Exames médicos modernos podem mostrar aonde medicamentos e moléculas que combatem doenças viajam dentro do corpo, mas a maioria dos traçadores atuais perde sinal em poucas horas. Isso dificulta acompanhar tratamentos de ação lenta, como medicamentos à base de anticorpos, que permanecem no organismo por semanas. Este estudo explora um novo elemento radioativo, o telúrio-118, que poderia permitir a médicos e cientistas observar esses tratamentos por períodos muito mais longos usando tomografia por emissão de positrões (PET).

Figure 1. Como uma única dose de traçador de longa duração pode manter sinais PET ativos no corpo por semanas.
Figure 1. Como uma única dose de traçador de longa duração pode manter sinais PET ativos no corpo por semanas.
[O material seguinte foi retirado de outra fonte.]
-- ===== src/MetadataServer.antt =====
-- cmd/metadata/main.go: the HTTP server in front of the metadata service, which also chooses the
-- replicas of a segment on its own hash ring. JSON and `fmt.Sscanf` are parameters.
pub mod Requests
pub mod Locations
pub mod Start
pub mod Routes
use tritontube.Base.{
  length, not, ltb, ℕ, Str, lit, str_eq, ℤ, pos, negsuc, Bool, true, false, ◌&&◌, ◌||◌, List, [],
  ◌∷◌, ◌++◌, Option, none, some, if◌then◌else◌, trim_prefix, has_suffix, cut_at, int_text, ◌==◌,
}
use tritontube.Http.{Request, Response, respond, query_get}
use tritontube.Chash.{Ring, lookup_key}
use tritontube.Metadata.Types.{
  MetadataItem, PutMetadataRequest, PutMetadataResponse, GetMetadataResponse, ServiceError, Result,
  ok, err,
}
use tritontube.Metadata.Service.{State, Service, Others}
use tritontube.Metadata.Put.{put_metadata}
use tritontube.Metadata.Reads.{get_metadata}

pub record Server : Type 0 where
  pub ring : Ring
  pub svc : Service

-- What is stored for a segment, and answered.
pub record SegmentInfo : Type 0 where
  pub video : Str
  pub rend : Str
  pub idx : ℤ
  pub replicas : List Str

pub data Body : Type 0 where
  text : Str → Body
  created : (id : Str) → Body
  located : SegmentInfo → Body

unfoldable pub segment_key : Str → Str → ℤ → Str
segment_key id rend idx = lit "segment/" ++ (id ++ (lit "/" ++ (rend ++ (lit "/" ++ int_text idx))))

-- The parameters of a segment's request, once they are checked.
pub record SegmentQuery : Type 0 where
  pub id : Str
  pub rend : Str
  pub idx_text : Str
  pub idx : ℤ

pub data Parsed : Type 0 where
  refused : Response Body → Parsed
  parsed : SegmentQuery → Parsed

-- The first part of the path, if the second is the one that the handler wants
unfoldable pub path_id : Option (Str × Str) → Str → Option Str
path_id none tail = none
path_id (some (id, rest)) tail = if str_eq id [] || not (str_eq rest tail) then none else some id

-- `fmt.Sscanf(idxStr, "%d", &idx)` has failed, or has read a number.
unfoldable pub with_index : Option ℤ → Str → Str → Str → Parsed
with_index none id rend idx_text = refused (respond 400 (text (lit "bad idx")))
with_index (some n) id rend idx_text =
    parsed (record { id = id; rend = rend; idx_text = idx_text; idx = n })

module _ (scan_int : Str → Option ℤ) where
  unfoldable pub with_path : Option Str → Request → Parsed
  unfolding with_index
  with_path none req = refused (respond 400 (text (lit "bad path")))
  with_path (some id) req =
      let rend = query_get (lit "rend") req in
      let idx_text = query_get (lit "idx") req in
      if str_eq id [] || (str_eq rend [] || str_eq idx_text [])
      then refused (respond 400 (text (lit "need id,rend,idx")))
      else with_index (scan_int idx_text) id rend idx_text

  -- The checks that `handlePutSegment` and `handleGetLocations` share; `tail` is the rest of the
  -- path that each of them wants.
  unfoldable pub parse_segment : Str → Request → Parsed
  unfolding with_path path_id trim_prefix cut_at
  parse_segment tail req =
      with_path (path_id (cut_at 47 (trim_prefix req.path (lit "/videos/"))) tail) req

-- The key bytes on the ring
abbrev pub ring_key_of : SegmentQuery → Str
ring_key_of q = q.id ++ (lit "|" ++ (q.rend ++ (lit "|" ++ q.idx_text)))

abbrev pub info_of : SegmentQuery → List Str → SegmentInfo
info_of q replicas = record { video = q.id; rend = q.rend; idx = q.idx; replicas = replicas }

abbrev pub plain_put : MetadataItem → PutMetadataRequest
plain_put item = record {
  item = some item;
  expected_version = pos 0;
  expected_etcd_revision = negsuc 0;
}

-- The put that follows the get: on the version that was found, if one was.
unfoldable pub put_over : Result GetMetadataResponse → MetadataItem → PutMetadataRequest
put_over (ok existing) item = record (plain_put item) { expected_version = existing.item.version }
put_over (err e) item = plain_put item

-- The code outside the repository: SHA-1, JSON, `fmt.Sscanf` with `%d`, and the text of an error.
-- Decoding gives what is in the value after `json.Unmarshal`, whose error the handlers ignore.
pub record Outside : Type 0 where
  pub sha1 : Str → List ℕ
  pub encode_item : MetadataItem → Str
  pub encode_info : SegmentInfo → Str
  pub decode_info : Str → SegmentInfo
  pub decode_id : Str → Str
  pub scan_int : Str → Option ℤ
  pub error_text : ServiceError → Str

module _ (outside : Outside) (others : Others) (server : Server) where
  -- The end of `handleCreateVideo`
  unfoldable pub create_response : Str → State × Result PutMetadataResponse → State × Response Body
  create_response id (st, ok r) = (st, respond 200 (created id))
  create_response id (st, err e) =
      (st, respond 500 (text (lit "store video: " ++ outside.error_text e)))

  unfoldable pub handle_create_video : Request → State → State × Response Body
  unfolding create_response put_metadata
  handle_create_video req st =
      let id = outside.decode_id req.body in
      let item : MetadataItem = record {
        key = lit "video/" ++ id;
        value = lit "{\"status\":\"ingesting\"}";
        attributes = [];
        version = pos 0;
      } in
      if not (str_eq req.method (lit "POST"))
      then (st, respond 405 (text (lit "Method Not Allowed")))
      else if str_eq id []
      then (st, respond 400 (text (lit "missing id")))
      else create_response id
          (put_metadata outside.encode_item others server.svc (some (plain_put item)) st)

  abbrev pub item_of : SegmentInfo → MetadataItem
  item_of info = record {
    key = segment_key info.video info.rend info.idx;
    value = outside.encode_info info;
    attributes = [];
    version = pos 0;
  }

  -- The end of `handlePutSegment`
  unfoldable pub stored_response :
      SegmentInfo → State × Result PutMetadataResponse → State × Response Body
  stored_response info (st, ok r) = (st, respond 200 (located info))
  stored_response info (st, err e) =
      (st, respond 500 (text (lit "store segment: " ++ outside.error_text e)))

  unfoldable pub store_segment : SegmentQuery → List Str → State → State × Response Body
  unfolding stored_response put_over put_metadata get_metadata segment_key
  store_segment q [] st = (st, respond 503 (text (lit "no storage nodes")))
  store_segment q (n ∷ ns) st =
      let info = info_of q (n ∷ ns) in
      let existing = get_metadata (some (record { key = segment_key q.id q.rend q.idx })) st in
      stored_response info (
        put_metadata outside.encode_item others server.svc (some (put_over existing (item_of info)))
          st)

  unfoldable pub put_parsed : Parsed → State → State × Response Body
  unfolding store_segment lookup_key
  put_parsed (refused r) st = (st, r)
  put_parsed (parsed q) st =
      store_segment q (lookup_key outside.sha1 (ring_key_of q) (pos 2) server.ring) st

  unfoldable pub handle_put_segment : Request → State → State × Response Body
  unfolding put_parsed parse_segment
  handle_put_segment req st = put_parsed (parse_segment outside.scan_int (lit "segments") req) st

  -- The end of `handleGetLocations`; an error of the decoding is ignored there.
  unfoldable pub locations_response : Result GetMetadataResponse → Response Body
  locations_response (err e) = respond 404 (text (lit "not found"))
  locations_response (ok r) =
      let info = outside.decode_info r.item.value in
      if ltb 0 (length info.replicas)
      then respond 200 (located info)
      else respond 404 (text (lit "not found"))

  unfoldable pub get_parsed : Parsed → State → Response Body
  unfolding locations_response get_metadata segment_key
  get_parsed (refused r) st = r
  get_parsed (parsed q) st =
      locations_response (get_metadata (some (record { key = segment_key q.id q.rend q.idx })) st)

  unfoldable pub handle_get_locations : Request → State → Response Body
  unfolding get_parsed parse_segment
  handle_get_locations req st =
      get_parsed (parse_segment outside.scan_int (lit "segments/loc") req) st

  unfoldable pub route_video : Request → State → State × Response Body
  unfolding handle_put_segment handle_get_locations has_suffix
  route_video req st =
      if has_suffix req.path (lit "/segments") && str_eq req.method (lit "POST")
      then handle_put_segment req st
      else if has_suffix req.path (lit "/segments/loc") && str_eq req.method (lit "GET")
      then (st, handle_get_locations req st)
      else (st, respond 404 (text (lit "404 page not found")))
Por que os Exames Padrão Não Bastam

Scanners PET detectam pequenos pulsos de energia gerados quando traçadores radioativos especiais se desintegram dentro do corpo. Esses traçadores são ligados a moléculas que procuram tumores ou outros alvos, permitindo aos médicos ver para onde essas moléculas vão. O problema é que os traçadores PET mais comuns perdem sua radioatividade rapidamente, frequentemente em poucas horas. Muitas novas terapias contra o câncer, especialmente as baseadas em anticorpos, movem-se lentamente e permanecem no organismo por semanas. Com traçadores de curta duração, partes importantes dessa jornada ficam invisíveis, dificultando prever quão bem um tratamento funcionará ou onde efeitos colaterais podem aparecer.
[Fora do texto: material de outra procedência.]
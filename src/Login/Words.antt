-- ===== src/Login/Words.antt =====
-- The commands that the expressions match: what is printed as a USER or a PASSWORD command is read as one, with the
-- word that was printed.
use smtp_course_work.Base.{
  ℕ, ◌≡◌, refl, ap, ◌∙◌, Bool, true, false, Option, none, some, [], ◌∷◌, ◌++◌, Bytes, arith,
}
use smtp_course_work.Login.Fsm.{FsmEvent, ev_cmd_user, ev_cmd_passw}
use smtp_course_work.Login.Parse.{
  is_space, is_word, skip_spaces, ends_line, after_literal, take_word, capture, quit_word,
  user_word, password_word, match_quit, match_param, matched, parse_cmd, get_param,
}

-- Every byte is a letter, a digit or `_`.
abbrev pub AllWord : Bytes → Type 0
AllWord [] = Unit
AllWord (c ∷ w) = (is_word c ≡ true) × AllWord w

-- Every byte is a space.
abbrev pub AllSpace : Bytes → Type 0
AllSpace [] = Unit
AllSpace (c ∷ s) = (is_space c ≡ true) × AllSpace s

word_not_space : (c : ℕ) → is_word c ≡ true → is_space c ≡ false
unfolding is_word is_space
word_not_space c h = ground arith

space_not_word : (c : ℕ) → is_space c ≡ true → is_word c ≡ false
unfolding is_word is_space
space_not_word c h = ground arith

skip_spaces-append : (s t : Bytes) → AllSpace s → skip_spaces (s ++ t) ≡ skip_spaces t
unfolding skip_spaces
skip_spaces-append [] t h = refl
skip_spaces-append (c ∷ s) t h = ground (arith, skip_spaces-append s t h.1)

skip_spaces-word : (c : ℕ) (s : Bytes) → is_word c ≡ true → skip_spaces (c ∷ s) ≡ c ∷ s
unfolding skip_spaces
skip_spaces-word c s h = rw (word_not_space c h) refl

ends_line-spaces : (s : Bytes) → AllSpace s → ends_line (s ++ 10 ∷ []) ≡ true
unfolding ends_line
ends_line-spaces [] h = refl
ends_line-spaces (c ∷ []) h = rw (h.0) refl
ends_line-spaces (c ∷ d ∷ s) h = rw (h.0) (ends_line-spaces (d ∷ s) h.1)

take_word-append :
    (w s : Bytes) → AllWord w → AllSpace s → take_word (w ++ (s ++ 10 ∷ [])) ≡ (w, s ++ 10 ∷ [])
unfolding take_word
take_word-append [] [] h g = refl
take_word-append [] (c ∷ s) h g = rw (space_not_word c g.0) refl
take_word-append (c ∷ w) s h g = ground (arith, take_word-append w s h.1 g, h.0)

after_literal-append : (l s : Bytes) → after_literal l (l ++ s) ≡ some s
unfolding after_literal
after_literal-append [] s = refl
after_literal-append (c ∷ l) s = ground (arith, after_literal-append l s)

-- a command: spaces, the word and the colon, spaces, the parameter, spaces, and the newline
abbrev pub command_line : Bytes → Bytes → Bytes → Bytes → Bytes → Bytes
command_line before word between param after =
    before ++ (word ++ (between ++ (param ++ (after ++ 10 ∷ []))))

-- the spaces in front of a word are skipped
skip-before :
    (before : Bytes) (l : ℕ) (s : Bytes)
    → AllSpace before
    → is_word l ≡ true
    → skip_spaces (before ++ l ∷ s) ≡ l ∷ s
skip-before before l s hb hl = skip_spaces-append before (l ∷ s) hb ∙ skip_spaces-word l s hl

capture-word :
    (c : ℕ) (w after : Bytes)
    → AllWord (c ∷ w)
    → AllSpace after
    → capture (take_word (c ∷ (w ++ (after ++ 10 ∷ [])))) ≡ some (c ∷ w)
unfolding capture
capture-word c w after hw ha =
    ap capture (take_word-append (c ∷ w) after hw ha) ∙ (rw (ends_line-spaces after ha) refl)

-- what an expression with a group does behind its literal
abbrev read_param : Option Bytes → Option Bytes
read_param r = elim r [ none ↦ none | some rest ↦ capture (take_word (skip_spaces rest)) ]

match_param-command_line :
    (l : ℕ) (word before between after : Bytes) (c : ℕ) (w : Bytes)
    → is_word l ≡ true
    → AllSpace before
    → AllSpace between
    → AllSpace after
    → AllWord (c ∷ w)
    → match_param (l ∷ word) (command_line before (l ∷ word) between (c ∷ w) after) ≡ some (c ∷ w)
unfolding match_param
match_param-command_line l word before between after c w hl hb hm ha hw =
    let param = c ∷ (w ++ (after ++ 10 ∷ [])) in
    ap (λ s. read_param (after_literal (l ∷ word) s))
      (skip-before before l (word ++ (between ++ param)) hb hl)
    ∙ ap read_param (after_literal-append (l ∷ word) (between ++ param))
    ∙ ap (λ s. capture (take_word s)) (skip-before between c (w ++ (after ++ 10 ∷ [])) hm (hw.0))
    ∙ capture-word c w after hw ha

-- an expression whose literal is another word does not match
match_param-other :
    (l : ℕ) (word other before s : Bytes)
    → is_word l ≡ true
    → AllSpace before
    → after_literal other (l ∷ (word ++ s)) ≡ none
    → match_param other (before ++ ((l ∷ word) ++ s)) ≡ none
unfolding match_param
match_param-other l word other before s hl hb h =
    ap (λ t. read_param (after_literal other t)) (skip-before before l (word ++ s) hb hl)
    ∙ ap read_param h

abbrev quits : Option Bytes → Bool
quits r = elim r [ none ↦ false | some rest ↦ ends_line rest ]

match_quit-other :
    (l : ℕ) (word before s : Bytes)
    → is_word l ≡ true
    → AllSpace before
    → after_literal quit_word (l ∷ (word ++ s)) ≡ none
    → match_quit (before ++ ((l ∷ word) ++ s)) ≡ false
unfolding match_quit
match_quit-other l word before s hl hb h =
    ap (λ t. quits (after_literal quit_word t)) (skip-before before l (word ++ s) hb hl)
    ∙ ap quits h

-- A printed command: the event that it stands for, and the parameter that is read from it.
abbrev pub ReadAs : FsmEvent → Bytes → Bytes → Type 0
ReadAs event word cmd = (parse_cmd cmd ≡ event) × (get_param true event cmd ≡ some word)

-- With memory for the copy, a USER or a PASSWORD command, printed with any spaces in front of it,
-- behind the colon and behind the parameter, and with a parameter of at least one letter, digit
-- or `_`, is read as that command, and the parameter read from it is the one that was printed.
pub command_line_read :
    (before between after : Bytes) (c : ℕ) (w : Bytes)
    → AllSpace before
    → AllSpace between
    → AllSpace after
    → AllWord (c ∷ w)
    → ReadAs ev_cmd_user (c ∷ w) (command_line before user_word between (c ∷ w) after)
      × ReadAs ev_cmd_passw (c ∷ w) (command_line before password_word between (c ∷ w) after)
unfolding parse_cmd get_param matched after_literal is_word
command_line_read before between after c w hb hm ha hw =
    let s = between ++ (c ∷ (w ++ (after ++ 10 ∷ []))) in
    let user =
      match_param-command_line b'U' (b'S' ∷ b'E' ∷ b'R' ∷ b':' ∷ []) before between after c w refl
        hb hm ha hw in
    let tail = b'A' ∷ b'S' ∷ b'S' ∷ b'W' ∷ b'O' ∷ b'R' ∷ b'D' ∷ b':' ∷ [] in
    let password = match_param-command_line b'P' tail before between after c w refl hb hm ha hw in
    (
      (
        rw (match_quit-other b'U' (b'S' ∷ b'E' ∷ b'R' ∷ b':' ∷ []) before s refl hb refl, user)
            refl,
        user,
      ),
      (
        rw
            (
              match_quit-other b'P' tail before s refl hb refl,
              match_param-other b'P' tail user_word before s refl hb refl,
              password,
            )
            refl,
        password,
      ),
    )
Uma Nova Ideia de Traçador de Longa Duração

Os pesquisadores voltaram-se para um elemento incomum, o telúrio-118, que permanece radioativo por cerca de seis dias. Por si só ele não emite os sinais que os scanners PET detectam. Em vez disso, transforma-se silenciosamente em outro elemento, o antimônio-118, que emite os sinais necessários, mas apenas por alguns minutos antes de se tornar estável e não radioativo. Porque o telúrio-118 continua alimentando esse antimônio de curta duração dentro do corpo, uma única dose age como um pequeno gerador interno que produz sinais PET ao longo de vários dias, sem a radiação de alta energia extra que pode borrar imagens ou aumentar exposição indesejada.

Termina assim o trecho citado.